3.6.1 Kenntnis der EU-ausländischen Gesetzesfassungen
Rz. 30
Stand: 6. A. – ET: 07/2024
Wer die MwStSystRL anwendet, muss sich – wie allgemein bei der Anwendung von Gemeinschaftsrecht – bewusst sein, dass ihr Inhalt nicht allein durch die deutsche Sprachfassung bestimmt werden kann. Nach ständiger EuGH-Rechtsprechung verbietet es die Notwendigkeit einer einheitlichen Auslegung des Gemeinschaftsrechts, eine Bestimmung für sich allein zu betrachten. Der Rechtsanwender ist vielmehr dazu gezwungen, die Bestimmung unter Berücksichtigung ihrer Fassungen in den anderen Amtssprachen auszulegen. So ist dem Umstand Rechnung zu tragen, dass die Vorschriften des Gemeinschaftsrechts in mehreren Sprachen abgefasst sind und dass die verschiedenen sprachlichen Fassungen gleichermaßen verbindlich sind. Die Auslegung einer gemeinschaftsrechtlichen Vorschrift erfordert somit einen Vergleich der sprachlichen Fassungen. Dabei erscheint die Beschränkung auf drei (etwa die deutsche, englische und französische) Fassungen ausreichend; es ist kaum vorstellbar, dass ein aus diesen Sprachfassungen gewonnenes Auslegungsergebnis durch die derzeit zusätzlich geltenden 20 Sprachfassungen noch in Zweifel gezogen werden kann (Lohse/Peltner, 2007, Einführung, Anm. 28.; Weimann, UStB 2007, 301).
Rz. 31
Stand: 6. A. – ET: 07/2024
Der Gemeinschaftsgesetzgeber hat der Verbindlichkeit aller Sprachfassungen bei der Neukodifizierung Rechnung getragen und in einzelnen Sprachfassungen zweifelhafte Formulierungen der 6. EG-RL an die übrigen Sprachfassungen angeglichen. Die deutsche Sprachfassung ist insofern davon betroffen, dass die in Art. 13 Teil A Abs. 1 Buchst. a der 6. EG-RL von der Steuerbefreiung der Post ausgenommenen Dienstleistungen des "Fernmeldewesens" in Art. 13 Teil A Abs. 1 Buchst. a der 6. EG-RL als "Telekommunikationsdienstleistungen" bezeichnet werden. In Abschnitt 4.4.1.4 der Neufassungsbegründung hat die Kommission dazu folgende Erklärung gegeben: "Aus Gründen der Übereinstimmung mit den anderen Sprachversionen muss überall der gleiche Ausdruck verwendet werden." Da der Telekommunikationsbegriff auch "ansonsten verwendet wird", sei er zur gegenseitigen Angleichung "am besten geeignet". Der Umfang der in § 4 Nr. 11b UStG befreiten Postdienstleistungen wird dadurch nicht berührt (Lohse/Peltner, 2007, Einführung, Anm. 28.; Weimann, UStB 2007, 301).
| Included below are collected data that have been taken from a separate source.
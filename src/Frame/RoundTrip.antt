-- ===== src/Frame/RoundTrip.antt =====
-- The frame codec: what is encoded is decoded.
use skattr.Base.{ℕ, ◌+◌, ◌≤◌, ◌≡◌, refl, sym, [], ◌∷◌, ◌++◌, none, some, Bytes, length, arith}
use skattr.Wire.{max_frame_size, put_frame}
use skattr.Wire.Framing.{head-put_frame, head_prefix}
use skattr.Frame.{
  Frame, Cbor, Result, ok, err, parse, decode, body, encode, append_body, error, chunk_request,
  chunk, chunk_nack, attachment_complete, ack, ping, pong, bye, noise_init, noise_resp, mls_welcome,
  mls_commit, mls_app,
}

-- `Ack` holds sixteen bytes; no other frame has a bound of its own.
abbrev pub IsSized : Frame → Type 0
IsSized (ack id) = length id ≡ 16
IsSized _ = Unit {0}

module _ (cbor : Cbor) where
  open cbor use {
    error_payload, chunk_request_payload, chunk_payload, chunk_nack_payload,
    attachment_complete_payload,
  }

  parse-body :
      (f : Frame) (t : ℕ) (payload : Bytes)
      → IsSized f
      → body cbor f ≡ ok (t, payload)
      → parse cbor t payload ≡ ok f
  unfolding parse body
  parse-body (noise_init p) t payload s e = ground arith
  parse-body (noise_resp p) t payload s e = ground arith
  parse-body (mls_welcome p) t payload s e = ground arith
  parse-body (mls_commit p) t payload s e = ground arith
  parse-body (mls_app p) t payload s e = ground arith
  parse-body (ack id) t payload s e = ground arith
  parse-body ping t payload s e = ground arith
  parse-body pong t payload s e = ground arith
  parse-body bye t payload s e = ground arith
  parse-body (error code message) t payload s e =
      ground (arith, error_payload.reads_back (record { code = code; message = message }) payload)
  parse-body (chunk_request id index) t payload s e = ground (
    arith,
    chunk_request_payload.reads_back (record { attachment_id = id; index = index }) payload,
  )
  parse-body (chunk id index ct) t payload s e = ground (
    arith,
    chunk_payload.reads_back (record { attachment_id = id; index = index; ciphertext = ct })
        payload,
  )
  parse-body (chunk_nack id index reason) t payload s e = ground (
    arith,
    chunk_nack_payload.reads_back (record { attachment_id = id; index = index; reason = reason })
        payload,
  )
  parse-body (attachment_complete id) t payload s e =
      ground (arith, attachment_complete_payload.reads_back (record { attachment_id = id }) payload)

  -- A successful `encode` appended one frame within the cap.
  encode_inv :
      (f : Frame) (dst dst' : Bytes)
      → encode cbor f dst ≡ ok dst'
      → (p : ℕ × Bytes) × (body cbor f ≡ ok p)
        × (1 + length p.1 ≤ max_frame_size)
        × (dst' ≡ dst ++ put_frame p.0 p.1)
  unfolding encode append_body
  encode_inv f dst dst' e = go (body cbor f) refl
    where
      go :
          (r : Result (ℕ × Bytes))
          → body cbor f ≡ r
          → (p : ℕ × Bytes) × (body cbor f ≡ ok p)
            × (1 + length p.1 ≤ max_frame_size)
            × (dst' ≡ dst ++ put_frame p.0 p.1)
      go (ok (t, payload)) b = ((t, payload), b, ground arith, ground arith)
      go (err x) b = absurd (ground arith)

  -- The bytes that `encode` appends for a frame decode to that frame, whatever follows them in the
  -- buffer, and what follows is what stays in the buffer.
  pub decode-encode :
      (f : Frame) (dst dst' : Bytes)
      → IsSized f
      → encode cbor f dst ≡ ok dst'
      → (written : Bytes) × (dst' ≡ dst ++ written)
        × ((rest : Bytes) → decode cbor (written ++ rest) ≡ (rest, ok (some f)))
  unfolding decode
  decode-encode f dst dst' s e =
      let ((t, payload), b, fits, out) = encode_inv f dst dst' e in
      (
        put_frame t payload,
        out,
        λ rest. rw (head-put_frame t payload rest fits, decode, parse-body f t payload s b),
      )

  -- While only a part of an encoded frame has arrived, `decode` asks for more and keeps the buffer.
  pub decode-encode_prefix :
      (f : Frame) (front back : Bytes) (x : ℕ)
      → encode cbor f [] ≡ ok (front ++ (x ∷ back))
      → decode cbor front ≡ (front, ok none)
  unfolding decode
  decode-encode_prefix f front back x e =
      let ((t, payload), b, fits, out) = encode_inv f [] (front ++ (x ∷ back)) e in
      rw (head_prefix t payload front back x fits (sym out), decode)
3.6.2 Kenntnis der aus dem EU-Ausland anhängigen EuGH-Verfahren
Rz. 32
Stand: 6. A. – ET: 07/2024
Unabdingbar ist auch die Kenntnis der EuGH-Verfahren. Dabei ist zu beachten, dass nicht nur Verfahren betrachtet werden dürfen, die das deutsche Umsatzsteuerrecht unmittelbar betreffen, sondern auch solche zum ausländischen Umsatzsteuerrecht, bei denen Gegenstand der Prüfung Regelungen sind, die in identischer oder sehr ähnlicher Form auch in Deutschland zur Anwendung gelangen.
Rz. 33
Stand: 6. A. – ET: 07/2024
Zunächst muss sich der Berater mit dem Inhalt der zum ausländischen Umsatzsteuerrecht beim EuGH anhängigen Verfahren vertraut machen und dabei einschätzen, ob und inwieweit sich diese Verfahren auf "seinen Fall" auswirken und mit Maßnahmen des deutschen Gesetzgebers oder der deutschen Finanzverwaltung zu rechnen ist. Ausgangspunkt der Betrachtung sollte immer die offizielle Verfahrensübersicht des BFH sein (www.bundesfinanzhof.de/Anhängige Verfahren/Anhängige Revisionsverfahren online/Suchbegriff "EuGH"). Daneben erleichtert auch die Fachliteratur diese Arbeit mit diversen Verfahrensübersichten.
TIPP
Im Hinblick auf die Informationspflicht des Beraters sollten wichtige Erkenntnisse zum europäischen Umsatzsteuerrecht – wie die zu allen anderen Beratungsgebieten auch – gegenüber der Mandantschaft kommuniziert werden und etwa in Mandantenrundschreiben eingehen.
Rz. 34
Stand: 6. A. – ET: 07/2024
In Verfahren vor der Finanzverwaltung oder den Finanzgerichten ist es zwingend erforderlich, dass der Steuerpflichtige wie bzw. sein Berater sich ausdrücklich auf die Verletzung Europäischen Rechts berufen, wenn z. B. im Hinblick auf die "Bürgerwirkung der MwStSystRL" Aussicht auf eine günstigere Entscheidung besteht (vgl. Rz. 10 ff.). Außerdem ist im Einzelfall anzuraten, unter Hinweis auf die anhängigen Verfahren vor dem EuGH eine Aussetzung der Vollziehung zu beantragen (vgl. § 363 Abs. 2 AO).
TIPP
An dieser Stelle soll allerdings davor gewarnt werden, zum Teil in der Literatur vertretene – eher "radikal" erscheinende – Beurteilungen unmittelbar in die eigene Beratung zu übernehmen. Auch wenn den Autoren solcher Beurteilungen in der Sache oftmals (ansatzweise) zuzustimmen ist, so ist doch häufig absehbar, dass der EuGH diese Auffassungen ohne Schaden für die Mitgliedstaaten nicht teilen kann und daher auch nicht teilen wird!
Rz. 35
Stand: 6....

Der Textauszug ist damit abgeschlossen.